Inoltre, con un decreto interministeriale che rivolse agli ex ministri Scaiola e Tremonti, ha previsto un regime restrittivo delle licenze anche per l’importazione ed il commercio di esemplari adulti. In ultimo, ma non per importanza, ha proposto una legge, sottoscritta da venti parlamentari, come integrazione alla legge 189 del 2004 contro il maltrattamento di animali in cui si richiede che il divieto di commerciare pelli, pellicce ed accessori di cani e gatti venga esteso anche alle foche.

Una buona notizia, quindi. Ma una goccia nel mare dell'orrore che travolge ogni anno questa specie. Un orrore che finisce con il rappresentare l'ennesima prova dell’efferatezza umana. Non di tutti gli uomini, si intende. Ma di coloro che svolgono in prima persona queste uccisioni. E di coloro che tacciono davanti a questi massacri.

Cuccioli scuoiati vivi a dodici giorni dalla nascita. Perché?

Non si cerca qualcuno a cui dare la colpa. Ma nascondersi dietro un ‘faccio solo il mio lavoro’, oppure dietro un ‘non lo sapevo’ è un po’ come nascondersi dietro un dito.

Peggio ancora, è cambiare canale oppure voltare pagina.
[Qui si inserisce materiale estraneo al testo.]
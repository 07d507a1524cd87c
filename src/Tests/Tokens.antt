-- ===== src/Tests/Tokens.antt =====
-- Checks of credentials at a small network.
use external_gateway.Prelude.{ℕ, true, [], none, some, codes, ok, ◌≡◌, refl}
use external_gateway.Value.{str, Fields, end, field}
use external_gateway.TokenCheck.{
  State, accepted, rejected, Kind, jenkins, gitlab, jira_server, atlassian_mcp, detect_kind,
  Response, Formats, Network,
}
use external_gateway.TokenCheck.Replies.{wrong_login}
use external_gateway.TokenCheck.Checks.{check}
use external_gateway.TokenCheck.Replies.Justifies.{Justifies}
use external_gateway.Tests.Fixtures.{production}

abbrev account : Fields
account = field (codes "fullName") (str (codes "Ann")) end

abbrev formats : Formats
formats = record {
  object = λ body. some account;
  own_token = λ body. none;
  slack_reply = λ body. none;
  print = λ v. codes "Ann";
  quote = λ s. s;
  basic_auth = λ user secret. codes "Basic ";
}

-- Every request is replied with the status.
abbrev replies : ℕ → Network
replies status = record {
  send = λ n req. ok (record { status = status; header = λ name. []; body = [] });
  connect = λ login. none;
  mailboxes = λ login. none;
}

states :
    ((check formats (replies 200) production jenkins (codes "s") []).state ≡ accepted)
    × ((check formats (replies 403) production jenkins (codes "s") []).state ≡ rejected)
    × ((check formats (replies 200) production jenkins (codes "s") []).identity ≡ codes "Ann")
unfolding check external_gateway.TokenCheck.Replies.trim_slashes
states = (refl, refl, refl)

kinds :
    (detect_kind (codes "jenkins") production ≡ jenkins)
    × (detect_kind (codes "acme-jira") production ≡ jira_server)
unfolding detect_kind
kinds = (refl, refl)

-- A failure of TLS is taken for a refused login.
untrusted : wrong_login (codes "x509: certificate signed by unknown authority") ≡ true
unfolding wrong_login
untrusted = refl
Il problema morale ed etico che c’è dietro il maltrattamento di animali è nella struttura stessa del pensiero: bisogna concepire ed accettare la diversità. Dapprima, era difficile accettare che una persona di colore fosse un essere umano. Erano schiavi, nelle piantagioni di cotone. Erano bestie da soma. Erano manodopera.

Poi, piano, ci si accorge che sotto il colore della pelle sono come i bianchi. Come i padroni occidentali. Allora, fine della schiavitù. E la schiavitù moderna, quella dopo il razzismo, è la prigionia degli animali. Il loro sfruttamento, come fossero oggetti. Il rispetto non può essere indirizzato solo a taluni contesti. Non c’è rispetto settoriale, questa è solo un’etichetta. E’ di moda avere rispetto per le persone povere del Terzo Mondo, è di moda avere rispetto per i poveri, è di moda stare dalla parte dei deboli. Ma perché non sia solo una posa sociale, affinché non sia un altro modo occidentale di mostrare pietà mascherata da rispetto, bisogna che ci sia giustizia per ogni debole. Per ogni sottomesso. A qualsiasi mondo appartenga, di qualsiasi specie sia.

Soprattutto, siate capaci di sentire nel più profondo qualunque ingiustizia commessa contro chiunque in qualunque parte del mondo (Lettera di Ernesto Che Guevara ai propri figli).